*EXERCISE DIRECTIONS*
Only those lines in the data below from the line containing "unfolding dev_browse.Network.Dns.Cache.get lookup" through the line containing "let s = flight_run", both included, should be restated word for word.

- - - -

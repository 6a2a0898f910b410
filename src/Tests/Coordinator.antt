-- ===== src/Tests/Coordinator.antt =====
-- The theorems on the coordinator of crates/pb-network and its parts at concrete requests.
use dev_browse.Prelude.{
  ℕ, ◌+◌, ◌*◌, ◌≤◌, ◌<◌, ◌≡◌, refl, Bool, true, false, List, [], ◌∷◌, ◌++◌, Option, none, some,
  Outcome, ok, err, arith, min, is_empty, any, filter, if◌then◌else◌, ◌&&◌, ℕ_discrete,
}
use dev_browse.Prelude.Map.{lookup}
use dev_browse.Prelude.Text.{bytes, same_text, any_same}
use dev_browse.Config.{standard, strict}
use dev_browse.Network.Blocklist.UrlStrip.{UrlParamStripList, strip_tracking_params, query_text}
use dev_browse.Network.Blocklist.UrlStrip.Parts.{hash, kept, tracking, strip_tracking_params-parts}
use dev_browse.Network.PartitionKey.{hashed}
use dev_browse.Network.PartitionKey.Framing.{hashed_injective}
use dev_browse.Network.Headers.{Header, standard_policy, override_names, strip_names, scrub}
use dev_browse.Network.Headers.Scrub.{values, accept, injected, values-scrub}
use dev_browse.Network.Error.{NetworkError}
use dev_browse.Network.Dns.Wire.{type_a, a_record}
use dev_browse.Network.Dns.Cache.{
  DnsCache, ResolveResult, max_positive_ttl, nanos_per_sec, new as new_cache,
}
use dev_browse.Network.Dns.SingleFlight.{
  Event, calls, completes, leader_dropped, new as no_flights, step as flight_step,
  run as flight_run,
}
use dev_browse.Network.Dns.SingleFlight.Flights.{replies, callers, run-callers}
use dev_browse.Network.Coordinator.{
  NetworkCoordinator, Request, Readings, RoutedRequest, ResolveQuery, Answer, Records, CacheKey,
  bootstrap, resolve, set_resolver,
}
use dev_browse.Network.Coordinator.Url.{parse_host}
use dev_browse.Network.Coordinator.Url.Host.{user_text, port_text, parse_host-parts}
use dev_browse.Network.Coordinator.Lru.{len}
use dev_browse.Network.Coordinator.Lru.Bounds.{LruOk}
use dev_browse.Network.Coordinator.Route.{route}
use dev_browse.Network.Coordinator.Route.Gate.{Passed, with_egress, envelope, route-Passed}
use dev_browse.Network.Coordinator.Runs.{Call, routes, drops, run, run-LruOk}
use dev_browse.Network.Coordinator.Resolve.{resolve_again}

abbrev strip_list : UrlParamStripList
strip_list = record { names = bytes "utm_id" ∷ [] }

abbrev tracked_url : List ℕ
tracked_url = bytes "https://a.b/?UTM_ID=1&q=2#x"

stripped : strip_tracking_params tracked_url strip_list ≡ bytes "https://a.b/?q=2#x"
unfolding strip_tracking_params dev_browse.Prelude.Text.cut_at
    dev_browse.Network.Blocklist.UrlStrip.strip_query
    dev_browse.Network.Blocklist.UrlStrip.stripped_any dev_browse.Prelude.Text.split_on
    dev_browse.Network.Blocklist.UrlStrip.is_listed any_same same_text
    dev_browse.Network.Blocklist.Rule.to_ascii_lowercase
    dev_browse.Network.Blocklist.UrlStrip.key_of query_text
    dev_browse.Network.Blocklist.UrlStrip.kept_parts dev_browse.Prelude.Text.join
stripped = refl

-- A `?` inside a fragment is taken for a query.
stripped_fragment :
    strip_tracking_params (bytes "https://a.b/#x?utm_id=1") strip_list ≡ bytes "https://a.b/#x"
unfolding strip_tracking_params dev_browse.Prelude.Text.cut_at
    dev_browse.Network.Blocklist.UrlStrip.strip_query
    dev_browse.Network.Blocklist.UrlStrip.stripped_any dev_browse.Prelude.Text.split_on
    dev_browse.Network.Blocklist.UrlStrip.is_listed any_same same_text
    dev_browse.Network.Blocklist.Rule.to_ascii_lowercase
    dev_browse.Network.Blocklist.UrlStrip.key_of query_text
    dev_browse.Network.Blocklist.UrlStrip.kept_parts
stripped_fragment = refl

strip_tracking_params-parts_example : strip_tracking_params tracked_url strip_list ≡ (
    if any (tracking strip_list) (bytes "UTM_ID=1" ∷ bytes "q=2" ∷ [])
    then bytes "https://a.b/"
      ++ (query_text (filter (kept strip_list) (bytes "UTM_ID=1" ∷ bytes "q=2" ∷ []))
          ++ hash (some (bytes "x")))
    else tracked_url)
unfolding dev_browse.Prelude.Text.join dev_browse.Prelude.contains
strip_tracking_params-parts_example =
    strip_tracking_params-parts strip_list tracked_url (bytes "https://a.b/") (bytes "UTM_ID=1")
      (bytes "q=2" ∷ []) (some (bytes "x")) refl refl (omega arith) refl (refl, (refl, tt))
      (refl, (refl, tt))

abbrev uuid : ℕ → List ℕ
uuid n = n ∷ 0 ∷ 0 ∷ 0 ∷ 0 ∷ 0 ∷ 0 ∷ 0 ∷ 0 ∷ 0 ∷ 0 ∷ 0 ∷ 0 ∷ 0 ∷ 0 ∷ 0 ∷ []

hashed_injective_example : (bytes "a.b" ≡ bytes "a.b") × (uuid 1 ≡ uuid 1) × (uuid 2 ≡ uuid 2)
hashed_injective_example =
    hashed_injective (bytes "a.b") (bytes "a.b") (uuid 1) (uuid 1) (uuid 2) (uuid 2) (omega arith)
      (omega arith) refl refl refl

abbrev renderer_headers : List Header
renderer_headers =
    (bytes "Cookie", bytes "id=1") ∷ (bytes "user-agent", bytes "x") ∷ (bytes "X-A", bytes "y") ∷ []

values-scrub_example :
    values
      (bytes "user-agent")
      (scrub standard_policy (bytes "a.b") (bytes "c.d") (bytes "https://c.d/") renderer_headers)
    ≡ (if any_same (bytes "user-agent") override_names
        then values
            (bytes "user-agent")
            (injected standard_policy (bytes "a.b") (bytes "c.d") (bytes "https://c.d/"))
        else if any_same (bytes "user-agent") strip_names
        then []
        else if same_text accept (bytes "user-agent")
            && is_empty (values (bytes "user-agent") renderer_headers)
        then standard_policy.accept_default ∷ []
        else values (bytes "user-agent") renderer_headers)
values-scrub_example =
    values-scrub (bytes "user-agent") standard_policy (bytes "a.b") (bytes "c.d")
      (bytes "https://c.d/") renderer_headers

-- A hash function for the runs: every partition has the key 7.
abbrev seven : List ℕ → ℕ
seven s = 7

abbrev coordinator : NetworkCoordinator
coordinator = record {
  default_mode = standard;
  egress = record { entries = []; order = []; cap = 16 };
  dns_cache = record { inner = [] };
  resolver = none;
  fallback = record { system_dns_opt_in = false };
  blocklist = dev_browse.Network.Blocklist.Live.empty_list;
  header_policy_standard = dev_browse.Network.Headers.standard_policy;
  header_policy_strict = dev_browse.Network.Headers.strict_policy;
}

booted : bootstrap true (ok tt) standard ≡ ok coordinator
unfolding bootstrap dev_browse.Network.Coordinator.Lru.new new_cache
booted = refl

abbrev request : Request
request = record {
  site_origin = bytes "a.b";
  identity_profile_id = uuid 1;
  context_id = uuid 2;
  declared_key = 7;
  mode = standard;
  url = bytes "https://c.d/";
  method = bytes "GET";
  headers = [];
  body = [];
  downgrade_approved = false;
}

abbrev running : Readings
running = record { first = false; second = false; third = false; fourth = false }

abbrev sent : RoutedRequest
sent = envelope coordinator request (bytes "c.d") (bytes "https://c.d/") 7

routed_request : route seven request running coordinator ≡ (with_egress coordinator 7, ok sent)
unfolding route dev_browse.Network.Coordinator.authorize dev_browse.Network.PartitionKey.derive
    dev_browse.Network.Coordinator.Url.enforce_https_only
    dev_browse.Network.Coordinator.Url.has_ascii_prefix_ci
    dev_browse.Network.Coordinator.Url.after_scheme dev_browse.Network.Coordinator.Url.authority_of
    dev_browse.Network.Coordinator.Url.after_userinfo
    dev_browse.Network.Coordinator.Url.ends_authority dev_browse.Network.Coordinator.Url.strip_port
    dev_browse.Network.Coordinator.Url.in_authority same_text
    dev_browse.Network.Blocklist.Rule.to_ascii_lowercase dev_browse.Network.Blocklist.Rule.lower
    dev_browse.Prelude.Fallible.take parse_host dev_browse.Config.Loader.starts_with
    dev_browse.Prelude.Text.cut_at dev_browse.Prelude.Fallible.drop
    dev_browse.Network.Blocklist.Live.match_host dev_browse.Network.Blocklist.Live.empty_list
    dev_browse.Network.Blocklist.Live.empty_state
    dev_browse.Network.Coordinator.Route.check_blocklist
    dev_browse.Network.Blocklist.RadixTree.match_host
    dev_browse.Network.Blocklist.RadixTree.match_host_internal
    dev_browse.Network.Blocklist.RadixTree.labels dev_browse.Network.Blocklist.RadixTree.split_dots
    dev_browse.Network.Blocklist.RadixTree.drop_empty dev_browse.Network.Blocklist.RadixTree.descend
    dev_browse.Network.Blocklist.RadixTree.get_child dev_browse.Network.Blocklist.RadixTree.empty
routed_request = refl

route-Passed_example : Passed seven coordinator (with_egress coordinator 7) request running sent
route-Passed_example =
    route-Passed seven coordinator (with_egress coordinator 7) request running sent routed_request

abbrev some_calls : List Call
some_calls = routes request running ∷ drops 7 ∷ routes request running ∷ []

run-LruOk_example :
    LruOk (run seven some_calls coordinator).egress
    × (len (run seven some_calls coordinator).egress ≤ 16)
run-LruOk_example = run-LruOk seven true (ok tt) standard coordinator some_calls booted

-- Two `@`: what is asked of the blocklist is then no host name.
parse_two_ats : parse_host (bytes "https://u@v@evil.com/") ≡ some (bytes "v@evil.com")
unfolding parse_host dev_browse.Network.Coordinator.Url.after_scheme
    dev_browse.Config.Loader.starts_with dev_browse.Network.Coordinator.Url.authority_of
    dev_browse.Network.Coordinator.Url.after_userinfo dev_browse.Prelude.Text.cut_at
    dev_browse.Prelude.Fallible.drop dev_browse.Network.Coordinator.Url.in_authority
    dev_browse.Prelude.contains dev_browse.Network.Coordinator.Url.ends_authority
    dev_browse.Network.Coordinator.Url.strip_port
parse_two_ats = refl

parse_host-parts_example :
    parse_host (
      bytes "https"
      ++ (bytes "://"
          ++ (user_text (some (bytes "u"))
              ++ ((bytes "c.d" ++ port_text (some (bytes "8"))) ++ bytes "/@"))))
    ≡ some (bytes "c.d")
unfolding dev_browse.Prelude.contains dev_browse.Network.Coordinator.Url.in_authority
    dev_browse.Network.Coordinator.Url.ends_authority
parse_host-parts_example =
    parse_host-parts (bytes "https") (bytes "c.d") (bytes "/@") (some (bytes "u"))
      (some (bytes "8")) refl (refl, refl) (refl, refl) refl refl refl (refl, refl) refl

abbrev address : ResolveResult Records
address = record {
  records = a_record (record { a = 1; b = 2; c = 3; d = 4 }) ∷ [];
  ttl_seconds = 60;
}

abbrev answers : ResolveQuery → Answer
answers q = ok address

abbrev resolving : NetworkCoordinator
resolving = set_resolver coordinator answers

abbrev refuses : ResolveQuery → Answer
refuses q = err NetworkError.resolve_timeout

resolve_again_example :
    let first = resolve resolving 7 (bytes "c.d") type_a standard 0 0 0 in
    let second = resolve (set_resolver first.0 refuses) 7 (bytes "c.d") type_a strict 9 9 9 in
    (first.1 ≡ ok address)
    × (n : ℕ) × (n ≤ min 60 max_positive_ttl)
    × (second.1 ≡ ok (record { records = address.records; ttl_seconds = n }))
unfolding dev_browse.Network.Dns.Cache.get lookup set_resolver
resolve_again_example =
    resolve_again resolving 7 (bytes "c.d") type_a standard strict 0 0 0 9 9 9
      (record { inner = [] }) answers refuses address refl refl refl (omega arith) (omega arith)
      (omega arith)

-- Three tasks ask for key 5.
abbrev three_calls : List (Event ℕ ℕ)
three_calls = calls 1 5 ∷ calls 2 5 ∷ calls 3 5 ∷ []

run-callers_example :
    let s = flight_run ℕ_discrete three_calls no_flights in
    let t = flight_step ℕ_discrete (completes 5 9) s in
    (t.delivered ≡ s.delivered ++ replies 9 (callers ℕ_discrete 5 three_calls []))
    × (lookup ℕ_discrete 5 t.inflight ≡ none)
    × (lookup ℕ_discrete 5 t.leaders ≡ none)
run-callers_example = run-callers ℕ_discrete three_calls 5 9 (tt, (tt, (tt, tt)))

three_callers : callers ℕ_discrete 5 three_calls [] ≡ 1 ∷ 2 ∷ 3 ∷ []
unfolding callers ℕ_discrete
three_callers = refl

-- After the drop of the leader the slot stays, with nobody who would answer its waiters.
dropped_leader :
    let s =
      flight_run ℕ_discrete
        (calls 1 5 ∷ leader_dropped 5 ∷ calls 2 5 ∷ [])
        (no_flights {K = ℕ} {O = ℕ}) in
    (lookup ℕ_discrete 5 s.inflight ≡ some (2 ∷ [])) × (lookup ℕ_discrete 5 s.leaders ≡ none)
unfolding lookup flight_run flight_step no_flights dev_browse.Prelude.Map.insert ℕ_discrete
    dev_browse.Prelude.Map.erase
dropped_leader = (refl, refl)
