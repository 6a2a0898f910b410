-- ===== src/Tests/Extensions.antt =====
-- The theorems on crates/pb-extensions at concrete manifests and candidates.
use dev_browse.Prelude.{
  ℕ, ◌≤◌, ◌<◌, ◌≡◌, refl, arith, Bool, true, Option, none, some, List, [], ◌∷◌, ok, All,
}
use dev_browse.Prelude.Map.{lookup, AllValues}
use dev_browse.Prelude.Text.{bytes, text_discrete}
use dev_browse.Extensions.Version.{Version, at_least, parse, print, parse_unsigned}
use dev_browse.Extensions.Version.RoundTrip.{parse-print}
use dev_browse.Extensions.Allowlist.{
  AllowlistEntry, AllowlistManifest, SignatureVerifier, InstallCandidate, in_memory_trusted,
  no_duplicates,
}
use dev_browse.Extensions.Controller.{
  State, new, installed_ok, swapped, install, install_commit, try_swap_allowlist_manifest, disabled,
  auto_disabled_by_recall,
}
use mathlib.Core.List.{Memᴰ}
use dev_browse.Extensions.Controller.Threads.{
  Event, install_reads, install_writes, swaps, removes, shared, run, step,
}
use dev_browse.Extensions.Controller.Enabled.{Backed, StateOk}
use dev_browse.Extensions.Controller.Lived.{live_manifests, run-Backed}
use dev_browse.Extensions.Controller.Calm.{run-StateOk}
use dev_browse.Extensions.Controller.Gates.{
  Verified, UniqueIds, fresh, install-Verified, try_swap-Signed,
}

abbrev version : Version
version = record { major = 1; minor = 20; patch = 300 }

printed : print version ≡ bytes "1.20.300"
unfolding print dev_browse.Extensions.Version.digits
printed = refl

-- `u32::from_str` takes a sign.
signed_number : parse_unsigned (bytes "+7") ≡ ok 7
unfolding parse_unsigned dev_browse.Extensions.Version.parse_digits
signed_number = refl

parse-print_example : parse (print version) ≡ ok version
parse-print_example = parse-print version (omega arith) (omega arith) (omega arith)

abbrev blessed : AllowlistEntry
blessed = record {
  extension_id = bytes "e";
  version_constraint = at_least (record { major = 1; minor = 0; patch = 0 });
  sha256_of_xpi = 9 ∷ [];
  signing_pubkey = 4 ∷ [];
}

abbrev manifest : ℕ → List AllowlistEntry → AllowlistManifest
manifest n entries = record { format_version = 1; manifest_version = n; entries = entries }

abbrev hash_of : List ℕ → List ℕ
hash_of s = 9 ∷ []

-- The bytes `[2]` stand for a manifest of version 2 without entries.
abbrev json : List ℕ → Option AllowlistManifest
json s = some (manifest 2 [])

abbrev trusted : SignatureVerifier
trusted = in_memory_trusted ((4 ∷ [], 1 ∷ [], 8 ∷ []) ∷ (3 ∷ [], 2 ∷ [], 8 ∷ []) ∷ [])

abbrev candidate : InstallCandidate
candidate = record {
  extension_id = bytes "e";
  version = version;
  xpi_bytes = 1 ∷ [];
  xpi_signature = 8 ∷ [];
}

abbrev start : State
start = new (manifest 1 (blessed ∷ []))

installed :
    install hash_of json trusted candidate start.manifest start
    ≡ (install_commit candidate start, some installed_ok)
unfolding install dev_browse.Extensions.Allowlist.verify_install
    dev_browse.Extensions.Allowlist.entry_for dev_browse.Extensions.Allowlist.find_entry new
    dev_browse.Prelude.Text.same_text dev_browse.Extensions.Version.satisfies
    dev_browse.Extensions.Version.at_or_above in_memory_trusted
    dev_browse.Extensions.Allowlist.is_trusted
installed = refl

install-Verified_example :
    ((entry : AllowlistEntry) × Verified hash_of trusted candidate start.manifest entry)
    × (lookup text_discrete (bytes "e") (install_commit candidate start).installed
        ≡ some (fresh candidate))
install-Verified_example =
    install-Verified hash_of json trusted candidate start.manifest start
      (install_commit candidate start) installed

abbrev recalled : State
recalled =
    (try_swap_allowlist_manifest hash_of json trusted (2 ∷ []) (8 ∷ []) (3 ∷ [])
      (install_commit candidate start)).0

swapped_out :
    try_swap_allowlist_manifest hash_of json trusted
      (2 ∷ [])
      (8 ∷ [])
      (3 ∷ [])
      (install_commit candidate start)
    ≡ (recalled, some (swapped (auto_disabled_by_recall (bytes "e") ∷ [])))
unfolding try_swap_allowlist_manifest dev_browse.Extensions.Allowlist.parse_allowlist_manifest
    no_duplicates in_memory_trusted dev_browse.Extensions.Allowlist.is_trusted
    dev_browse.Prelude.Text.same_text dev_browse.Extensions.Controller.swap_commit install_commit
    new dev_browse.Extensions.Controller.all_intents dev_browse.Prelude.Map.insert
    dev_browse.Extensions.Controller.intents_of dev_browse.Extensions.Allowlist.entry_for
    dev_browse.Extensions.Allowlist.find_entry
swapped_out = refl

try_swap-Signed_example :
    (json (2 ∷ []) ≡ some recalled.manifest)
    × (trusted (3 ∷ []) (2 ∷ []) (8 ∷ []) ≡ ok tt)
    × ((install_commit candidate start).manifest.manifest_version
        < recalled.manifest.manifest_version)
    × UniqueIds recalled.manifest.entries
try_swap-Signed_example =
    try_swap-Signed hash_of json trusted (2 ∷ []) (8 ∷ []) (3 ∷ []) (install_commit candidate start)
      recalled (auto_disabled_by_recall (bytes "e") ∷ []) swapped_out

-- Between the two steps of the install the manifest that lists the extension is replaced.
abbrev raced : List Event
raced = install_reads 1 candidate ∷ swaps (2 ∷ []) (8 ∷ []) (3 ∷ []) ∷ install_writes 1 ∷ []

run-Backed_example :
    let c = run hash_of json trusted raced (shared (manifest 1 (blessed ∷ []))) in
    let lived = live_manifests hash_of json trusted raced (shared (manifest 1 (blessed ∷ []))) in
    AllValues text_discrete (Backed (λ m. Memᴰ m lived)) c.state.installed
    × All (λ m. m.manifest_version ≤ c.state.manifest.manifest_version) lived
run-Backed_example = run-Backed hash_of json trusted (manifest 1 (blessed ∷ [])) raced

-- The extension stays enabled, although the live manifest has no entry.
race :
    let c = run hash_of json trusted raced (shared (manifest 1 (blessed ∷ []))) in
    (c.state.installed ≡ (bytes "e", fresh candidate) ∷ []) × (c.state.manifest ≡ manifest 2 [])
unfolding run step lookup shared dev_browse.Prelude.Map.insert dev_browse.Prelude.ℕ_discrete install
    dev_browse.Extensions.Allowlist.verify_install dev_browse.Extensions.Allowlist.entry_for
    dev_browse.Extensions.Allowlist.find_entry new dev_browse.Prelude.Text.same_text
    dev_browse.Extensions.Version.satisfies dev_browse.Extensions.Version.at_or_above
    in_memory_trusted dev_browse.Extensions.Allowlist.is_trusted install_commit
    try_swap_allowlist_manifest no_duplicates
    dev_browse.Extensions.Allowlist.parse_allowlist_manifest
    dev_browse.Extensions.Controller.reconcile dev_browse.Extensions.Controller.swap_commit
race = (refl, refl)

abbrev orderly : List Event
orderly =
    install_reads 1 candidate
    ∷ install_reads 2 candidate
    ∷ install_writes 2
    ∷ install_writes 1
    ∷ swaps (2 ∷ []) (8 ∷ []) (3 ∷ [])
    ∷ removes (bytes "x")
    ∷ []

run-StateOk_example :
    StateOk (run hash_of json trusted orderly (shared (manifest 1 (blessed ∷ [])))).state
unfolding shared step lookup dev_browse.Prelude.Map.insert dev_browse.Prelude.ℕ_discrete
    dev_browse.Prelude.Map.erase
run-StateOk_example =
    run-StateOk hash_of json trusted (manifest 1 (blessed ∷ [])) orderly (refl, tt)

- - - -

*WORKED SOLUTION*
unfolding dev_browse.Network.Dns.Cache.get lookup set_resolver
resolve_again_example =
    resolve_again resolving 7 (bytes "c.d") type_a standard strict 0 0 0 9 9 9
      (record { inner = [] }) answers refuses address refl refl refl (omega arith) (omega arith)
      (omega arith)

-- Three tasks ask for key 5.
abbrev three_calls : List (Event ℕ ℕ)
three_calls = calls 1 5 ∷ calls 2 5 ∷ calls 3 5 ∷ []

run-callers_example :
    let s = flight_run ℕ_discrete three_calls no_flights in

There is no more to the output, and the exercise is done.